▶ REQUIRED ACTION
Only the closing portion of the entries is to be reproduced: the line containing "unpaid_found : find_any" through the very last line, exactly as written.

**** RECORDS SUPPLIED

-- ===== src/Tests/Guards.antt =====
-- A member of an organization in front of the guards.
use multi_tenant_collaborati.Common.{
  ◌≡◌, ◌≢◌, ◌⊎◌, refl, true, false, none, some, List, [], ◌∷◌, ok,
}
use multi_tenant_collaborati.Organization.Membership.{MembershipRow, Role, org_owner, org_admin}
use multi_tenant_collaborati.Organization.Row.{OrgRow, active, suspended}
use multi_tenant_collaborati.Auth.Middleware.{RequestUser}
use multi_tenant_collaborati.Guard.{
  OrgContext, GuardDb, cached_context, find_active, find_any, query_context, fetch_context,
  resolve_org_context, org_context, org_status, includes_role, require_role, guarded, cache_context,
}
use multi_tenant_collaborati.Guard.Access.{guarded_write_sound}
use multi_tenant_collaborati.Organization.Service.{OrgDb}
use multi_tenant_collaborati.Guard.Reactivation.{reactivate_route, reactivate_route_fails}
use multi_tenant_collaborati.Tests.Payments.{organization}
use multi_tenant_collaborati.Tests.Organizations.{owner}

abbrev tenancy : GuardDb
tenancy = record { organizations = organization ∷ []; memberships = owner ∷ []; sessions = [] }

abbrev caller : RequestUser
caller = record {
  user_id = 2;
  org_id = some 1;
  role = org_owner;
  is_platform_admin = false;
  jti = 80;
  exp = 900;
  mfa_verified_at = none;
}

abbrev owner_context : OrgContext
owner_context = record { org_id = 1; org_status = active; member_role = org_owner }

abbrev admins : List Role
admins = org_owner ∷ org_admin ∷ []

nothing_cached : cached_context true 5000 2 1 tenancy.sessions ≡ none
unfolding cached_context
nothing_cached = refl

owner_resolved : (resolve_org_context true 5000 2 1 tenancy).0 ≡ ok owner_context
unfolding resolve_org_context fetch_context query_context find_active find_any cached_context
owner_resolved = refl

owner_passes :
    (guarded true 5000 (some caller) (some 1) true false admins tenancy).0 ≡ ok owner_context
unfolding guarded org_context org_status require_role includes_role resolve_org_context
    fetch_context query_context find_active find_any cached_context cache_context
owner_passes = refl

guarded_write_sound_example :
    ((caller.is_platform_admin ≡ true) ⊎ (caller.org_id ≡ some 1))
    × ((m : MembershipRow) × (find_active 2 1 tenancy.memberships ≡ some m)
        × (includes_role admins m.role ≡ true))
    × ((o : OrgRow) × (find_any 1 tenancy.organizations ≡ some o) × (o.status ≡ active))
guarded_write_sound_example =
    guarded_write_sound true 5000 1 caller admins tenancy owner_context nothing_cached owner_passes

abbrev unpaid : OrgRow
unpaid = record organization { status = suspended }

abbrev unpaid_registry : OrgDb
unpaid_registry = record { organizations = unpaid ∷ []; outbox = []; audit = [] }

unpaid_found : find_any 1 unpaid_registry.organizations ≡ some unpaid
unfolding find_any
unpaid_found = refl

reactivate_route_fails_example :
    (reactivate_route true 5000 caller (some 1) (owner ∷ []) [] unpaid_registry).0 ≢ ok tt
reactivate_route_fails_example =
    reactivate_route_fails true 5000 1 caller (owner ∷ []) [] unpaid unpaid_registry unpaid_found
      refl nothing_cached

********

▶ EXPECTED ANSWER
unpaid_found : find_any 1 unpaid_registry.organizations ≡ some unpaid
unfolding find_any
unpaid_found = refl

reactivate_route_fails_example :
    (reactivate_route true 5000 caller (some 1) (owner ∷ []) [] unpaid_registry).0 ≢ ok tt
reactivate_route_fails_example =
    reactivate_route_fails true 5000 1 caller (owner ∷ []) [] unpaid unpaid_registry unpaid_found
      refl nothing_cached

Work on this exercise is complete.